Section 8, Exposure Controls/Personal Protection lists OSHA’s Permissible Exposure Limits (PELs), Threshold Limit Values (TLVs), appropriate engineering controls and personal protective equipment (PPE).

Section 9, Physical and Chemical Properties lists the chemical’s characteristics.

Section 10, Stability and Reactivity lists chemical stability and possibility of hazardous reactions.

Section 11, Toxicological Information includes routes of exposure; related symptoms, acute and chronic effects; and numerical measures of toxicity.

Section 12, Ecological Information

Section 13, Disposal Considerations

Section 14, Transport Information

Section 15, Regulatory Information

Section 16, Other Information, includes the date of preparation or last revision.*

Changes for chemical labeling

Going through the HCS modifications, administrators will note that some items have not changed when it comes to chemical labeling while others have. For instance, one thing that has not changed is the requirement for administrators to develop, implement and maintain a written hazard communications program that includes a list of hazardous chemicals known to be used in workplaces as well as methods to inform employees of these hazards.

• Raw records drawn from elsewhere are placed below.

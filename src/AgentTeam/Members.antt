-- ===== src/AgentTeam/Members.antt =====
-- agentTeam/composition.ts: the loop over the topology's members, and `composeEffectiveAgents`.
use discordagent.Base.{
  String, not, ◌||◌, List, [], ◌∷◌, ◌++◌, ◌==◌, Result, ok, ◌>>=◌, ◌>>◌, throw_if,
}
use discordagent.Dict.{get}
use discordagent.Text.Order.{has_text, sort_texts}
use discordagent.AgentTeam.Contracts.{
  TeamTopologyMember, AgentTeamConfiguration, EffectiveAgent, TeamError, repeated_identity,
  repeated_binding, role_of_other_identity, assignment_of_other_role, binding_member_conflict,
}
use discordagent.AgentTeam.Checks.{require_positive_revision, demand, intersect}
use discordagent.AgentTeam.Composition.{
  Indexes, Authorities, find_identity, find_role, find_operator, find_assignment, find_binding,
  build_indexes, build_authorities,
}

-- `[operator, assignment, binding, runtime].reduce(intersect, role)`, sorted.
unfoldable pub effective :
    List String → List String → List String → List String → List String → List String
unfolding intersect
effective role operator assignment binding runtime =
    sort_texts
      (intersect (intersect (intersect (intersect role operator) assignment) binding) runtime)

module _ (x : Indexes) (a : Authorities) (topology_id : String) where
  -- The entries that a member refers to, checked against one another.
  unfoldable pub resolve_member : TeamTopologyMember → Result TeamError EffectiveAgent
  resolve_member member = do
    identity ← find_identity x "team topology" topology_id member.identity
    role ← find_role x "team topology" topology_id member.role
    assignment ← find_assignment x "team topology" topology_id member.assignment
    binding ← find_binding x "team topology" topology_id member.binding
    profile ← find_operator x "assignment" assignment.id assignment.operator_profile
    throw_if (not (role.identity.id == identity.id))
        (role_of_other_identity role.id role.identity.id identity.id)
    throw_if (not (assignment.role.id == role.id))
        (assignment_of_other_role assignment.id assignment.role.id role.id)
    throw_if
        (not (binding.identity.id == identity.id) || not (binding.assignment.id == assignment.id))
        (binding_member_conflict binding.id identity.id)
    operator_caps ← demand (get profile.id a.operator)
    assignment_caps ← demand (get assignment.id a.assignment)
    binding_caps ← demand (get binding.id a.binding)
    role_caps ← demand (get role.id a.role)
    ok (record {
      identity = identity;
      role = role;
      operator_profile = profile;
      assignment = assignment;
      binding = binding;
      effective_authority =
          effective role_caps operator_caps assignment_caps binding_caps a.runtime;
    })

  -- The `map` over the members, with the two sets of ids seen.
  unfoldable pub compose_members :
      List String → List String → List TeamTopologyMember → Result TeamError (List EffectiveAgent)
  compose_members identity_ids binding_ids [] = ok []
  compose_members identity_ids binding_ids (member ∷ rest) = do
    throw_if (has_text identity_ids member.identity.id) (repeated_identity member.identity.id)
    throw_if (has_text binding_ids member.binding.id) (repeated_binding member.binding.id)
    agent ← resolve_member member
    agents ←
        compose_members (identity_ids ++ member.identity.id ∷ [])
          (binding_ids ++ member.binding.id ∷ []) rest
    ok (agent ∷ agents)

unfoldable pub compose_effective_agents :
    AgentTeamConfiguration → Result TeamError (List EffectiveAgent)
compose_effective_agents c = do
  require_positive_revision "team topology" c.topology.id c.topology.revision
  require_positive_revision "runtime safety policy" "runtime" c.runtime_safety.revision
  x ← build_indexes c
  a ← build_authorities c x
  compose_members x a c.topology.id [] [] c.topology.members
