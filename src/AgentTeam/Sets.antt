-- ===== src/AgentTeam/Sets.antt =====
-- agentTeam/composition.ts: what the sets and the maps of `composeEffectiveAgents` hold.
use discordagent.Base.{
  String, ◌≡◌, refl, ◌∙◌, false, ◌&&◌, ◌||◌, List, [], ◌∷◌, ◌++◌, map, ok, arith, throw_if-eq-ok,
  ◌>>◌, throw_if, is_empty,
}
use mathlib.Core.List.{append_assoc, append-nil}
use discordagent.Text.{trim}
use discordagent.Text.Order.{has_text, IsUnique}
use discordagent.AgentTeam.Contracts.{empty_capability, repeated_capability}
use discordagent.AgentTeam.Checks.{normalize_from, normalized_capabilities, intersect}

pub has_text-append :
    (xs ys : List String) (t : String) → has_text (xs ++ ys) t ≡ (has_text xs t || has_text ys t)
has_text-append [] ys t = refl
has_text-append (x ∷ xs) ys t = ground (arith, has_text-append xs ys t)

pub IsUnique-snoc :
    (xs : List String) (t : String) → has_text xs t ≡ false → IsUnique xs → IsUnique (xs ++ t ∷ [])
IsUnique-snoc [] t f u = (refl, tt)
IsUnique-snoc (x ∷ xs) t f u = ground (arith, has_text-append xs (t ∷ []) x, IsUnique-snoc xs t)

-- `normalizedCapabilities` yields the trimmed capabilities, none of them twice.
normalize_from-eq :
    (kind id : String) (acc cs : List String) (s : List String)
    → normalize_from kind id acc cs ≡ ok s
    → IsUnique acc
    → (s ≡ acc ++ map trim cs) × IsUnique s
unfolding normalize_from
normalize_from-eq kind id acc [] s h u = ground (arith, append-nil acc)
normalize_from-eq kind id acc (c ∷ cs) s h u =
    let (nonempty, rest) =
      throw_if-eq-ok (is_empty (trim c)) (empty_capability kind id)
        (throw_if (has_text acc (trim c)) (repeated_capability kind id (trim c))
          >> normalize_from kind id (acc ++ trim c ∷ []) cs)
        h in
    let (fresh, rest') =
      throw_if-eq-ok (has_text acc (trim c)) (repeated_capability kind id (trim c))
        (normalize_from kind id (acc ++ trim c ∷ []) cs) rest in
    let (same, unique) =
      normalize_from-eq kind id (acc ++ trim c ∷ []) cs s rest'
        (IsUnique-snoc acc (trim c) fresh u) in
    (same ∙ append_assoc acc (trim c ∷ []) (map trim cs), unique)

pub normalized-eq :
    (kind id : String) (cs s : List String)
    → normalized_capabilities kind id cs ≡ ok s
    → (s ≡ map trim cs) × IsUnique s
unfolding normalized_capabilities
normalized-eq kind id cs s h = normalize_from-eq kind id [] cs s h tt

pub has-intersect :
    (l r : List String) (t : String) → has_text (intersect l r) t ≡ (has_text l t && has_text r t)
unfolding intersect
has-intersect [] r t = refl
has-intersect (x ∷ l) r t = ground (arith, has-intersect l r t)

pub intersect-IsUnique : (l r : List String) → IsUnique l → IsUnique (intersect l r)
unfolding intersect
intersect-IsUnique [] r u = tt
intersect-IsUnique (x ∷ l) r u = ground (arith, has-intersect l r x, intersect-IsUnique l r u.1)
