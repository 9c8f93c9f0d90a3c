-- ===== src/Dict/Laws.antt =====
-- The laws of `Map.get` and `Map.set`, and what holds of every entry.
use discordagent.Base.{String, ◌≡◌, refl, some, [], ◌∷◌, ◌==◌, if◌then◌else◌, All, arith, str_dec}
use discordagent.Dict.{Dict, get, set}

module _ {ℓ} {V : Type ℓ} where
  pub get-set :
      (k j : String) (v : V) (m : Dict V) → get j (set k v m) ≡ (if k == j then some v else get j m)
  unfolding get set
  get-set k j v [] = refl
  get-set k j v ((i, w) ∷ m) = ground (arith, get-set k j v m)

  -- A predicate that every entry has.
  module _ {κ} (P : String × V → Type κ) where
    pub All-set : (k : String) (v : V) (m : Dict V) → P (k, v) → All P m → All P (set k v m)
    unfolding set
    All-set k v [] p h = (p, tt)
    All-set k v ((i, w) ∷ m) p h = ground (arith, All-set k v m p h.1)

    pub get-All : (k : String) (m : Dict V) {v : V} → All P m → get k m ≡ some v → P (k, v)
    unfolding get
    get-All k [] h e = cc
    get-All k ((i, w) ∷ m) h e = elim (str_dec i k) [
      | yes p ↦ ground arith
      | no q ↦ get-All k m h.1 (ground arith)
    ]
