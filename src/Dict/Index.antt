-- ===== src/Dict/Index.antt =====
-- A secondary index: a `Map` from a text that each stored value has to the key it is stored under.
use discordagent.Base.{String, ◌≡◌, ◌≢◌, none, some, arith, str_dec}
use discordagent.Dict.{Dict, get, set}
use discordagent.Dict.Laws.{get-set}

module _ {ℓ} {V : Type ℓ} where
  pub get-set_self : (k : String) (v : V) (m : Dict V) → get k (set k v m) ≡ some v
  get-set_self k v m = ground (arith, get-set k k v m)

  pub get-set_ne : (k j : String) (v : V) (m : Dict V) → k ≢ j → get j (set k v m) ≡ get j m
  get-set_ne k j v m h = ground (arith, get-set k j v m)

  module _ (p : V → String) where
    -- Every value is found under its text, and every entry of the index leads to its value.
    pub record IsIndex (d : Dict V) (ix : Dict String) : Type ℓ where
      pub forward : (id : String) (v : V) → get id d ≡ some v → get (p v) ix ≡ some id
      pub backward :
          (t id : String) → get t ix ≡ some id → (v : V) × (get id d ≡ some v) × (p v ≡ t)

    module _ (d : Dict V) (ix : Dict String) (id : String) (v : V) where
      forward_insert :
          IsIndex d ix
          → get (p v) ix ≡ none
          → (j : String) (w : V) → get j (set id v d) ≡ some w
          → get (p w) (set (p v) id ix) ≡ some j
      forward_insert h free j w e = elim (str_dec id j) [
        | yes same ↦ ground (arith, get-set id j v d, get-set (p v) (p w) id ix)
        | no other ↦ ground (
          arith,
          get-set id j v d,
          get-set (p v) (p w) id ix,
          h.forward j w (ground (arith, get-set id j v d)),
        )
      ]

      backward_insert :
          IsIndex d ix
          → get id d ≡ none
          → (t j : String) → get t (set (p v) id ix) ≡ some j
          → (w : V) × (get j (set id v d) ≡ some w) × (p w ≡ t)
      backward_insert h fresh t j e = elim (str_dec (p v) t) [
        | yes same ↦ (v, ground (arith, get-set id j v d, get-set (p v) t id ix), same)
        | no other ↦
            let (w, at, text) = h.backward t j (ground (arith, get-set (p v) t id ix)) in
            (w, ground (arith, get-set id j v d), text)
      ]

      -- A new value with a new text.
      pub IsIndex-insert :
          IsIndex d ix
          → get id d ≡ none
          → get (p v) ix ≡ none
          → IsIndex (set id v d) (set (p v) id ix)
      IsIndex-insert h fresh free = record {
        forward = forward_insert h free;
        backward = backward_insert h fresh;
      }

      -- A new value under an old key, with the text of the old value.
      pub IsIndex-update :
          (old : V) → IsIndex d ix → get id d ≡ some old → p v ≡ p old → IsIndex (set id v d) ix
      IsIndex-update old h at same = record {
        forward = λ j w e. elim (str_dec id j) [
          | yes here ↦ ground (arith, get-set id j v d, h.forward id old at)
          | no other ↦ h.forward j w (ground (arith, get-set id j v d))
        ];
        backward = λ t j e.
            let (w, found, text) = h.backward t j e in
            elim (str_dec id j) [
              | yes here ↦ (v, ground (arith, get-set id j v d), ground arith)
              | no other ↦ (w, ground (arith, get-set id j v d), text)
            ];
      }
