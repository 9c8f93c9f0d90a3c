-- ===== src/Dict/Distinct.antt =====
-- The keys of a `Map` are distinct, so what holds of every answer holds of every entry.
use discordagent.Base.{
  String, ◌≡◌, refl, none, some, [], ◌∷◌, All, arith, str_dec, inl, inr, Option-cases, sym, ◌∙◌,
  subst,
}
use discordagent.Dict.{Dict, get, set}
use discordagent.Dict.Laws.{get-set}
use discordagent.Dict.Index.{IsIndex}

module _ {ℓ} {V : Type ℓ} where
  abbrev pub IsDistinct : Dict V → Type ℓ
  IsDistinct [] = Unit
  IsDistinct ((k, v) ∷ m) = (get k m ≡ none) × IsDistinct m

  pub set-IsDistinct : (k : String) (v : V) (m : Dict V) → IsDistinct m → IsDistinct (set k v m)
  unfolding set get
  set-IsDistinct k v [] h = (refl, tt)
  set-IsDistinct k v ((j, w) ∷ m) h = elim (str_dec j k) [
    | yes same ↦ ground arith
    | no other ↦ ground (arith, get-set k j v m, set-IsDistinct k v m h.1)
  ]

  -- A key that a later entry has is not that of an earlier one.
  get_tail :
      (j k : String) (w v : V) (m : Dict V)
      → get j m ≡ none
      → get k m ≡ some v
      → get k ((j, w) ∷ m) ≡ some v
  get_tail j k w v m free at = unfold get in ground arith

  pub All-of_get {κ} :
      (P : String × V → Type κ) (m : Dict V)
      → IsDistinct m
      → ((k : String) (v : V) → get k m ≡ some v → P (k, v))
      → All P m
  All-of_get P [] d h = tt
  All-of_get P ((j, w) ∷ m) d h = (
    h j w (unfold get in ground arith),
    All-of_get P m d.1 (λ k v at. h k v (get_tail j k w v m d.0 at)),
  )

-- Two indexes of maps with the same answers have the same answers.
module _ {ℓ} {V : Type ℓ} (p : V → String) (d e : Dict V) (ix jx : Dict String) where
  index_answer :
      IsIndex p d ix
      → IsIndex p e jx
      → ((id : String) → get id d ≡ get id e)
      → (k id : String) → get k ix ≡ some id
      → get k jx ≡ some id
  index_answer h g same k id at =
      let (v, found, text) = h.backward k id at in
      let there = g.forward id v (sym (same id) ∙ found) in
      subst (λ t. get t jx ≡ some id) text there

pub index_unique {ℓ} :
    {V : Type ℓ} (p : V → String) (d e : Dict V) (ix jx : Dict String)
    → IsIndex p d ix
    → IsIndex p e jx
    → ((id : String) → get id d ≡ get id e)
    → (k : String) → get k ix ≡ get k jx
index_unique p d e ix jx h g same k = elim (Option-cases (get k ix)) [
  | inr (id, at) ↦ at ∙ sym (index_answer p d e ix jx h g same k id at)
  | inl gone ↦ elim (Option-cases (get k jx)) [
    | inl gone' ↦ gone ∙ sym gone'
    | inr (id, at) ↦
        let found = index_answer p e d jx ix g h (λ i. sym (same i)) k id at in
        absurd (ground arith)
  ]
]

Other labeling practices that have not changed include the following:

• Ensure labels on incoming containers of hazardous chemicals are not removed or altered.

• Maintain SDS sheets on hazardous chemicals and ensure they are readily available.

• Ensure that employees are provided with training and information to protect themselves should an accident occur.

That said, following are some of the key changes according to an OSHA fact sheet, some of which will be implemented in stages over the next two or three years:

Hazard classification: Chemical manufacturers and importers of chemicals are required to determine if their products are hazardous, and if so, classify the hazards consistent with the new global hazard classification system. (Phased in beginning in 2015.)

Labels: Chemical manufacturers and importers must provide a label that includes a signal word, pictogram, hazard statement and precautionary statement for each hazard class and category. A pictogram consists of a symbol on a white background framed within a red, square-on-point border, designed to communicate a distinct hazard graphically. The product label must also include a product identifier. The purpose of the identifier is to provide a means of cross-referencing the SDS. (Phased in beginning in 2015.)

Information and training: To facilitate understanding of the new system, the new standard requires that workers be trained, starting December 1, 2013. Other training requirements include outlining steps workers should take to protect themselves from a potential hazard using the chemical, along with appropriate work practices, emergency procedures that should be followed, and personal protective equipment that should be worn when using the product.

Reasons for the changes

OSHA reports that more than 43 million American workers handle or work with hazardous chemicals every year. OSHA expects that these changes to the HCS will prevent at least 500 injuries and 43 fatalities per year. Additionally, OSHA believes the changes will result in the following benefits:

• Less confusion in the workplace as to how to handle hazardous chemicals

• Greater safety training to help prevent accidents and injuries

• Quicker, simpler and more consistent access to information on these products

• A potential cost-savings to American business of an estimated $475 million

• Fewer trade barriers by harmonizing hazard warning systems with those in other countries around the globe

OSHA acknowledges that these changes will take time to implement and may be somewhat costly for manufacturers because labels and product information must be changed. But it believes that in time the benefits of improved worker safety will far outweigh these hurdles.

Plus, it is possible that the standardized labeling may open new markets of opportunity for manufacturers. If so, sales in new markets may provide a return on the investment of changing and updating labels.